Hey, what are some ways I could get my arm ready for today’s start?


#2

Today?
Drink plenty of water, do a good full body warm up with a job and some active stretching/mobility work. Get in a good solid warm up catch before going into the pregame bullpen.
Day of a game is way late to consider how to prep your arm. More of a consistent long term approach is probably better.


#3

thanks. well i’ve been preparing my arm for a while now but i just wanted to know some key things to do the day of. you think i should do a light jog on my treadmill before heading to the game or take a couple laps at the park?


#4

Some of the best advice that you’ll ever receive on this subject was given to you by fearsomefour.

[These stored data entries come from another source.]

-- ===== src/Fs/Session/Cleanups.antt =====
-- A file request is cleaned up between any two calls of libuv, and at its end.
use uvw.Prelude.{
  ℕ, ◌+◌, ◌≡◌, refl, sym, subst, ap, ◌∙◌, Bool, true, false, some, List, [], ◌∷◌, ℤ, is_some,
  is_neg, Bool-cases, Option-cases, inl, inr, arith,
}
use uvw.Fs.{
  Libuv, Base, FsCall, FsCallback, FsEffect, cleanup, issue, open_callback, close_callback,
  read_callback, request_callback, fs_request_callback, call, clean, issued, arrive, end_request,
}
use uvw.Fs.File.{
  FileReq, complete, fs_open_callback, fs_close_callback, fs_read_callback, write_plain,
}
use uvw.Fs.FileOps.{file_start-run_sync}
use uvw.Fs.Session.{
  Session, launched, Move, starts, lends, syncs, arrives, new_session, answered, move, moves,
  end_session,
}

-- Every call has a cleanup of its own right before it, and there are no others; `n` calls in all.
abbrev pub Cleaned : ℕ → List FsEffect → Type 0
Cleaned n [] = n ≡ 0
Cleaned n (issue c cb ∷ cleanup ∷ l) = (m : ℕ) × (n ≡ m + 1) × Cleaned m l
Cleaned n _ = ⊥

-- How many operations begin, where `busy` says whether libuv works on the request.
unfoldable pub begun : (busy : Bool) → List Move → ℕ
begun busy [] = 0
begun false (starts op ∷ ms) = 1 + begun true ms
begun true (starts op ∷ ms) = begun true ms
begun false (lends buf len offset ∷ ms) = 1 + begun true ms
begun true (lends buf len offset ∷ ms) = begun true ms
begun false (syncs op ∷ ms) = 1 + begun false ms
begun true (syncs op ∷ ms) = begun true ms
begun busy (arrives takes ∷ ms) = begun false ms

module _ (libuv : Libuv) where
  pub complete-log : (cb : FsCallback) (r : FileReq) → (complete libuv cb r).1.base.log ≡ r.base.log
  unfolding complete fs_open_callback fs_close_callback fs_read_callback fs_request_callback
  complete-log open_callback r = elim (Bool-cases (is_neg r.base.raw.result)) [
    | inl bad ↦ rw bad refl
    | inr good ↦ rw good refl
  ]
  complete-log close_callback r = elim (Bool-cases (is_neg r.base.raw.result)) [
    | inl bad ↦ rw bad refl
    | inr good ↦ rw good refl
  ]
  complete-log read_callback r = elim (Bool-cases (is_neg r.base.raw.result)) [
    | inl bad ↦ rw bad refl
    | inr good ↦ rw good refl
  ]
  complete-log request_callback r = refl

  -- What a move leaves of the log and of the call under way, where `n` calls were made before.
  abbrev Begins : Bool → ℕ → Session → Type 0
  Begins busy n s = (is_some s.pending ≡ busy) × Cleaned n s.request.base.log

  launched-issue :
      (c : FsCall) (cb : FsCallback) (l : List FsEffect)
      → is_some (launched (issue c (some cb) ∷ l)) ≡ true
  unfolding launched
  launched-issue c cb l = refl

  answered-log :
      (takes : Bool) (c : FsCall) (cb : FsCallback) (n : ℕ) (s : Session)
      → Cleaned n s.request.base.log
      → Begins false n (answered libuv takes c cb s)
  unfolding answered arrive
  answered-log takes c cb n s h =
      let r : FileReq = record s.request { base = arrive libuv c s.request.base } in
      (refl, subst (λ l. Cleaned n l) (sym (complete-log cb r)) h)

  lent-log :
      (buf len : ℕ) (offset : ℤ) (n : ℕ) (s : Session)
      → Cleaned n s.request.base.log
      → let r = write_plain libuv buf len offset s.request in
        (is_some (launched r.base.log) ≡ true) × Cleaned (n + 1) r.base.log
  unfolding write_plain call clean issued launched
  lent-log buf len offset n s h = (refl, (n, refl, h))

  Cleaned-log : (s t : List FsEffect) (n : ℕ) → s ≡ t → Cleaned n t → Cleaned n s
  Cleaned-log s t n e h = subst (λ l. Cleaned n l) (sym e) h

  move-Begins :
      (m : Move) (ms : List Move) (n : ℕ) (s : Session)
      → Cleaned n s.request.base.log
      → (busy : Bool) × (k : ℕ) × Begins busy k (move libuv m s)
        × (k + begun busy ms ≡ n + begun (is_some s.pending) (m ∷ ms))
  unfolding move begun
  move-Begins (starts op) ms n s h = elim (Bool-cases (is_some s.pending)) [
    | inl busy ↦ (true, n, rw (busy, move) (busy, h), rw busy refl)
    | inr idle ↦
        let (c, cb, e, _, _, _) = file_start-run_sync libuv op s.request in
        (
          true,
          n + 1,
          rw (idle, move)
              (
                rw e (launched-issue c cb (cleanup ∷ s.request.base.log)),
                Cleaned-log _ _ (n + 1) e (n, refl, h),
              ),
          rw idle (omega arith),
        )
  ]
  move-Begins (lends buf len offset) ms n s h = elim (Bool-cases (is_some s.pending)) [
    | inl busy ↦ (true, n, rw (busy, move) (busy, h), rw busy refl)
    | inr idle ↦
        (true, n + 1, rw (idle, move) (lent-log buf len offset n s h), rw idle (omega arith))
  ]
  move-Begins (syncs op) ms n s h = elim (Bool-cases (is_some s.pending)) [
    | inl busy ↦ (true, n, rw (busy, move) (busy, h), rw busy refl)
    | inr idle ↦
        let (c, cb, _, e, _, _) = file_start-run_sync libuv op s.request in
        (
          false,
          n + 1,
          rw (idle, move) (idle, Cleaned-log _ _ (n + 1) e (n, refl, h)),
          rw idle (omega arith),
        )
  ]
  move-Begins (arrives takes) ms n s h = elim (Option-cases s.pending) [
    | inl idle ↦ (false, n, rw (idle, move) (rw idle refl, h), refl)
    | inr ((c, cb), e) ↦
        let r : FileReq = record s.request { base = arrive libuv c s.request.base } in
        (false, n, rw (e, move) (answered-log takes c cb n s h), refl)
  ]

  moves-Cleaned :
      (ms : List Move) (n : ℕ) (s : Session)
      → Cleaned n s.request.base.log
      → Cleaned (n + begun (is_some s.pending) ms) (moves libuv ms s).request.base.log
  unfolding moves begun
  moves-Cleaned [] n s h = subst (λ k. Cleaned k s.request.base.log) (omega arith) h
  moves-Cleaned (m ∷ ms) n s h =
      let (busy, k, (on, c), e) = move-Begins m ms n s h in
      subst (λ j. Cleaned j (moves libuv ms (move libuv m s)).request.base.log)
        (ap (λ b. k + begun b ms) on ∙ e) (moves-Cleaned ms k (move libuv m s) c)

-- However a file request is used, one operation after the other's answer, and whatever libuv answers:
-- every operation that begins calls libuv once and cleans the request up right before, and nothing
-- else does; and the request's end cleans it up once more, so no call's memory is left behind.
pub session-Cleaned :
    (libuv : Libuv) (b : Base) (ms : List Move)
    → b.log ≡ []
    → let t = moves libuv ms (new_session b) in
      Cleaned (begun false ms) t.request.base.log
      × ((end_session libuv t).request.base.log ≡ cleanup ∷ t.request.base.log)
unfolding end_session end_request clean
session-Cleaned libuv b ms e = (
  subst (λ k. Cleaned k (moves libuv ms (new_session b)).request.base.log) (omega arith)
      (moves-Cleaned libuv ms 0 (new_session b) (subst (λ l. Cleaned 0 l) (sym e) refl)),
  refl,
)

The actual game day should start you at least three hours prior to “scheduled” appearance. Your physical and mental framework is proportional to timing. By that I mean, first get accustomed to your surroundings, where the sun is, or isn’t, the environmental impacts that will impress your presence - heat or the lack thereof, humidity and so on. Start off by slowly building your mental and physical body to accept the demands of the day. Like fearsomefour pointed out, prepare. Remember, your arm is just an appendage that depends on the cooperation of your entire physique, a compliment if you will of progressive movement(s).

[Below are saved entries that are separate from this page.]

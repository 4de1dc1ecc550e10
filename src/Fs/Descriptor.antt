-- ===== src/Fs/Descriptor.antt =====
-- Which descriptor the operations of a file request use.
pub mod Opened
use uvw.Prelude.{
  false≢true, ℕ, ◌≡◌, refl, sym, ap, subst, ◌∙◌, Bool, true, false, not, ◌&&◌, Option, none, some,
  List, [], ◌∷◌, ◌++◌, ℤ, to_int, is_neg, is_some, All, arith, Bool-cases, Option-cases, inl, inr,
}
use uvw.Fs.{
  Libuv, FsCall, FsCallback, FsEffect, open_callback, close_callback, read_callback,
  request_callback, fs_request_callback, cleanup, issue, call, clean, issued, arrive, uv_fs_open,
  uv_fs_close, uv_fs_read, uv_fs_write, uv_fs_fstat, uv_fs_fsync, uv_fs_fdatasync, uv_fs_ftruncate,
  uv_fs_sendfile, uv_fs_fchmod, uv_fs_futime, uv_fs_fchown,
}
use uvw.Fs.File.{
  FileReq, complete, fs_open_callback, fs_read_callback, write_plain, close, file_open, read,
  write_owned, stat, sync, datasync, truncate, sendfile, chmod, futime, chown, close_sync,
  open_sync, read_sync, write_sync, stat_sync, sync_sync, datasync_sync, truncate_sync,
  sendfile_sync, chmod_sync, futime_sync, chown_sync,
}
use uvw.Fs.FileOps.{
  FileOp, start, run_sync, op_close, op_open, op_read, op_write, op_stat, op_sync, op_datasync,
  op_truncate, op_sendfile, op_chmod, op_futime, op_chown,
}
use uvw.Fs.Session.{Session, launched, Move, starts, lends, syncs, arrives, answered, move, moves}
use uvw.Fs.Session.Cleanups.{complete-log}

unfoldable pub opens : FileOp → Bool
opens (op_open path flags mode) = true
opens _ = false

unfoldable pub closes : FileOp → Bool
closes op_close = true
closes _ = false

unfoldable pub is_steady : Move → Bool
unfolding opens closes
is_steady (starts op) = not (opens op) && not (closes op)
is_steady (syncs op) = not (opens op) && not (closes op)
is_steady (lends buf len offset) = true
is_steady (arrives takes) = true

-- None of the operations opens or closes.
unfoldable pub steady : List Move → Bool
unfolding is_steady
steady [] = true
steady (m ∷ ms) = is_steady m && steady ms

-- The descriptor that a call of libuv works on.
unfoldable pub descriptor : FsCall → Option ℤ
descriptor (uv_fs_close file) = some file
descriptor (uv_fs_read file block len offset) = some file
descriptor (uv_fs_write file block len offset) = some file
descriptor (uv_fs_fstat file) = some file
descriptor (uv_fs_fsync file) = some file
descriptor (uv_fs_fdatasync file) = some file
descriptor (uv_fs_ftruncate file offset) = some file
descriptor (uv_fs_sendfile out file offset length) = some file
descriptor (uv_fs_fchmod file mode) = some file
descriptor (uv_fs_futime file atime mtime) = some file
descriptor (uv_fs_fchown file uid gid) = some file
descriptor _ = none

-- A cleanup, or a call on the descriptor `fd`.
abbrev pub IsOn : ℤ → FsEffect → Type 0
IsOn fd cleanup = Unit
IsOn fd (issue c cb) = descriptor c ≡ some fd

-- The callback leaves the descriptor as it is.
abbrev pub Leaves : Option (FsCall × FsCallback) → Type 0
Leaves none = Unit
Leaves (some (c, open_callback)) = ⊥
Leaves (some (c, close_callback)) = ⊥
Leaves (some (c, read_callback)) = Unit
Leaves (some (c, request_callback)) = Unit

module _ (libuv : Libuv) where
  pub start-on :
      (op : FileOp) (r : FileReq)
      → opens op ≡ false
      → closes op ≡ false
      → (c : FsCall) × (cb : FsCallback) × ((start libuv op r).base.log
          ≡ issue c (some cb) ∷ cleanup ∷ r.base.log)
        × Leaves (launched (start libuv op r).base.log)
        × (descriptor c ≡ some r.file)
        × ((start libuv op r).file ≡ r.file)
  unfolding opens closes start close file_open read write_owned stat sync datasync truncate sendfile
      chmod futime chown call clean issued launched descriptor
  start-on op_close r h k = cc
  start-on (op_open path flags mode) r h k = cc
  start-on (op_read fresh offset len) r h k = (_, _, refl, tt, refl, refl)
  start-on (op_write buf len offset) r h k = (_, _, refl, tt, refl, refl)
  start-on op_stat r h k = (_, _, refl, tt, refl, refl)
  start-on op_sync r h k = (_, _, refl, tt, refl, refl)
  start-on op_datasync r h k = (_, _, refl, tt, refl, refl)
  start-on (op_truncate offset) r h k = (_, _, refl, tt, refl, refl)
  start-on (op_sendfile out offset length) r h k = (_, _, refl, tt, refl, refl)
  start-on (op_chmod mode) r h k = (_, _, refl, tt, refl, refl)
  start-on (op_futime atime mtime) r h k = (_, _, refl, tt, refl, refl)
  start-on (op_chown uid gid) r h k = (_, _, refl, tt, refl, refl)

  pub run_sync-on :
      (op : FileOp) (r : FileReq)
      → opens op ≡ false
      → closes op ≡ false
      → (c : FsCall) × ((run_sync libuv op r).1.base.log ≡ issue c none ∷ cleanup ∷ r.base.log)
        × (descriptor c ≡ some r.file)
        × ((run_sync libuv op r).1.file ≡ r.file)
  unfolding opens closes run_sync close_sync open_sync read_sync write_sync stat_sync sync_sync
      datasync_sync truncate_sync sendfile_sync chmod_sync futime_sync chown_sync call clean issued
      descriptor
  run_sync-on op_close r h k = cc
  run_sync-on (op_open path flags mode) r h k = cc
  run_sync-on (op_read fresh offset len) r h k = (_, refl, refl, refl)
  run_sync-on (op_write buf len offset) r h k = (_, refl, refl, refl)
  run_sync-on op_stat r h k = (_, refl, refl, refl)
  run_sync-on op_sync r h k = (_, refl, refl, refl)
  run_sync-on op_datasync r h k = (_, refl, refl, refl)
  run_sync-on (op_truncate offset) r h k = (_, refl, refl, refl)
  run_sync-on (op_sendfile out offset length) r h k = (_, refl, refl, refl)
  run_sync-on (op_chmod mode) r h k = (_, refl, refl, refl)
  run_sync-on (op_futime atime mtime) r h k = (_, refl, refl, refl)
  run_sync-on (op_chown uid gid) r h k = (_, refl, refl, refl)

  pub lent-on :
      (buf len : ℕ) (offset : ℤ) (r : FileReq)
      → (c : FsCall) × ((write_plain libuv buf len offset r).base.log
          ≡ issue c (some request_callback) ∷ cleanup ∷ r.base.log)
        × Leaves (launched (write_plain libuv buf len offset r).base.log)
        × (descriptor c ≡ some r.file)
  unfolding write_plain call clean issued launched descriptor
  lent-on buf len offset r = (_, refl, tt, refl)

  pub complete-file :
      (c : FsCall) (cb : FsCallback) (r : FileReq)
      → Leaves (some (c, cb))
      → (complete libuv cb r).1.file ≡ r.file
  unfolding complete fs_read_callback fs_request_callback
  complete-file c open_callback r h = absurd h
  complete-file c close_callback r h = absurd h
  complete-file c read_callback r h = elim (Bool-cases (is_neg r.base.raw.result)) [
    | inl bad ↦ rw bad refl
    | inr good ↦ rw good refl
  ]
  complete-file c request_callback r h = refl
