-- ===== src/Fs/Descriptor/Opened.antt =====
-- What a file request holds after an open that succeeded.
use uvw.Prelude.{
  false≢true, ℕ, ◌≡◌, refl, sym, ap, subst, ◌∙◌, Bool, true, false, Option, none, some, List, [],
  ◌∷◌, ◌++◌, ℤ, to_int, is_neg, is_some, All, arith, Bool-cases, Option-cases, inl, inr,
}
use uvw.Fs.{
  Libuv, FsCall, FsCallback, FsEffect, request_callback, cleanup, issue, call, clean, issued,
  arrive, uv_fs_open,
}
use uvw.Fs.File.{complete, fs_open_callback, write_plain, file_open, open_sync}
use uvw.Fs.FileOps.{start, run_sync, op_open}
use uvw.Fs.Session.{Session, launched, Move, starts, lends, syncs, arrives, answered, move, moves}
use uvw.Fs.Session.Cleanups.{complete-log}
use uvw.Fs.Descriptor.{
  is_steady, steady, descriptor, IsOn, Leaves, start-on, run_sync-on, lent-on, complete-file,
}

-- A request that holds the descriptor `fd`, after effects on it since `log`.
record Holds (fd : ℤ) (log : List FsEffect) (s : Session) : Type 0 where
  file : s.request.file ≡ fd
  leaves : Leaves s.pending
  effects : List FsEffect
  since : s.request.base.log ≡ effects ++ log
  on : All (IsOn fd) effects

module _ (libuv : Libuv) where
  -- One call more.
  more :
      (fd : ℤ) (log : List FsEffect) (c : FsCall) (cb : Option FsCallback) (s t : Session)
      → Holds fd log s
      → t.request.base.log ≡ issue c cb ∷ cleanup ∷ s.request.base.log
      → Leaves t.pending
      → descriptor c ≡ some s.request.file
      → t.request.file ≡ s.request.file
      → Holds fd log t
  more fd log c cb s t h e p d f = record {
    file = f ∙ h.file;
    leaves = p;
    effects = issue c cb ∷ cleanup ∷ h.effects;
    since = e ∙ ap (λ es. issue c cb ∷ cleanup ∷ es) h.since;
    on = (d ∙ ap some h.file, (tt, h.on));
  }

  arrived-Holds :
      (fd : ℤ) (log : List FsEffect) (takes : Bool) (c : FsCall) (cb : FsCallback) (s : Session)
      → Holds fd log s
      → Leaves (some (c, cb))
      → Holds fd log (answered libuv takes c cb s)
  unfolding answered arrive
  arrived-Holds fd log takes c cb s h p =
      let r = record s.request { base = arrive libuv c s.request.base } in
      record {
        file = complete-file libuv c cb r p ∙ h.file;
        leaves = tt;
        effects = h.effects;
        since = complete-log libuv cb r ∙ h.since;
        on = h.on;
      }

  move-Holds :
      (fd : ℤ) (log : List FsEffect) (m : Move) (s : Session)
      → is_steady m ≡ true
      → Holds fd log s
      → Holds fd log (move libuv m s)
  unfolding move is_steady
  move-Holds fd log (starts op) s q h = elim (Bool-cases (is_some s.pending)) [
    | inl busy ↦ rw (busy, move) h
    | inr idle ↦
        let (c, cb, e, p, d, f) =
          start-on libuv op s.request (ground (arith, q)) (ground (arith, q)) in
        more fd log c (some cb) s _ h (rw (idle, move) e) (rw (idle, move) p) d (rw (idle, move) f)
  ]
  move-Holds fd log (lends buf len offset) s q h = elim (Bool-cases (is_some s.pending)) [
    | inl busy ↦ rw (busy, move) h
    | inr idle ↦
        let (c, e, p, d) = lent-on libuv buf len offset s.request in
        more fd log c (some request_callback) s _ h (rw (idle, move) e) (rw (idle, move) p) d
          (rw (idle, move, write_plain) refl)
  ]
  move-Holds fd log (syncs op) s q h = elim (Bool-cases (is_some s.pending)) [
    | inl busy ↦ rw (busy, move) h
    | inr idle ↦
        let (c, e, d, f) = run_sync-on libuv op s.request (ground (arith, q)) (ground (arith, q)) in
        more fd log c none s _ h (rw (idle, move) e) (rw (idle, move) h.leaves) d
          (rw (idle, move) f)
  ]
  move-Holds fd log (arrives takes) s q h = elim (Option-cases s.pending) [
    | inl idle ↦ rw (idle, move) h
    | inr ((c, cb), e) ↦ rw (e, move) (arrived-Holds fd log takes c cb s h (rw e at h.leaves))
  ]

  moves-Holds :
      (fd : ℤ) (log : List FsEffect) (ms : List Move) (s : Session)
      → steady ms ≡ true
      → Holds fd log s
      → Holds fd log (moves libuv ms s)
  unfolding moves steady
  moves-Holds fd log [] s q h = h
  moves-Holds fd log (m ∷ ms) s q h =
      moves-Holds fd log ms (move libuv m s) (ground (arith, q))
        (move-Holds fd log m s (ground (arith, q)) h)

  -- An open, asynchronous or not.
  unfoldable pub opening : (is_async : Bool) → List ℕ → (flags mode : ℕ) → Session → Session
  unfolding moves
  opening true path flags mode s =
      moves libuv (starts (op_open path flags mode) ∷ arrives false ∷ []) s
  opening false path flags mode s = moves libuv (syncs (op_open path flags mode) ∷ []) s

  opening-file :
      (is_async : Bool) (path : List ℕ) (flags mode : ℕ) (s : Session)
      → s.pending ≡ none
      → let o = opening is_async path flags mode s in
        is_neg o.request.base.raw.result ≡ false
        → (o.request.file ≡ to_int o.request.base.raw.result) × (o.pending ≡ none)
  unfolding opening moves move start run_sync file_open open_sync call clean issued launched
      answered arrive complete fs_open_callback
  opening-file true path flags mode s idle =
      elim (Bool-cases (
        is_neg
          (libuv.answer (uv_fs_open path flags mode) (libuv.cleaned s.request.base.raw)).result)) [
            | inl bad ↦ rw (idle, bad) (λ g. absurd (false≢true (sym g ∙ bad)))
            | inr good ↦ rw (idle, good) (λ g. (refl, refl))
          ]
  opening-file false path flags mode s idle =
      elim (Bool-cases (
        is_neg
          (libuv.answer (uv_fs_open path flags mode) (libuv.cleaned s.request.base.raw)).result)) [
            | inl bad ↦ rw (idle, bad) (λ g. absurd (false≢true (sym g)))
            | inr good ↦ rw (idle, good) (λ g. (refl, refl))
          ]

  -- After an open that succeeded, by `open` and its callback or by `open_sync`, on a request that libuv
  -- did not work on, and then any moves that neither open nor close, whether they are asynchronous or
  -- not and with whatever results: every call of libuv since was on the descriptor that the open
  -- returned, and the request still holds it.
  pub opened_file :
      (is_async : Bool) (path : List ℕ) (flags mode : ℕ) (ms : List Move) (s : Session)
      → s.pending ≡ none
      → is_neg (opening is_async path flags mode s).request.base.raw.result ≡ false
      → steady ms ≡ true
      → let o = opening is_async path flags mode s in
        let t = moves libuv ms o in
        let fd = to_int o.request.base.raw.result in
        (t.request.file ≡ fd)
        × ((es : List FsEffect) × (t.request.base.log ≡ es ++ o.request.base.log)
            × All (IsOn fd) es)
  opened_file is_async path flags mode ms s idle good q =
      let o = opening is_async path flags mode s in
      let (held, free) = opening-file is_async path flags mode s idle good in
      let h = moves-Holds (to_int o.request.base.raw.result) o.request.base.log ms o q (record {
        file = held;
        leaves = subst (λ p. Leaves p) (sym free) tt;
        effects = [];
        since = refl;
        on = tt;
      }) in
      (h.file, (h.effects, h.since, h.on))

On the other hand, if you’re put into the field, then called in to relieve someone with only five(5) to eight(8) pitches as “thee warm up,” you’re pretty well done, even before you begin. So if that is a customary way of doing things where you are, there’s not much here that can help you.


#5

A light jog “pole to pole” as I like to call it, isn’t a bad way to get your body’s tempo going. However, WALK that ground first. Inspect the ground for holes, trash and other things that might injure you. Start off slow, then increase your jog to a sprint. When coming off a sprint, don’t “pull up” and come to a complete stop. Slowly decrease your pace down to a walk. A pause to catch your breath and slightly relax after. Then find a place where you can spread out a towel and use that to do some static-in-place stretching… light stretching. Why the towel? The field/grass can have all kinds of parasites like fleas, ticks, and animal droppings. You don’t want to lay on that stuff. Then, get into a dynamic stretching/warm up routine. What are dynamic stretching/warm ups? The internet has a ton of advice on these, especially designed for baseball and pitchers. Also, hydrate, hydrate, hydrate while experiencing these phases.

Now here’s a consideration - where does all that hydration go? Well, you’ll sweat a lot of out during your pregame workout, but, you’ll be looking for a facility too. Plan ahead for that. Don’t be careless and think that the surrounding private property will accommodate you.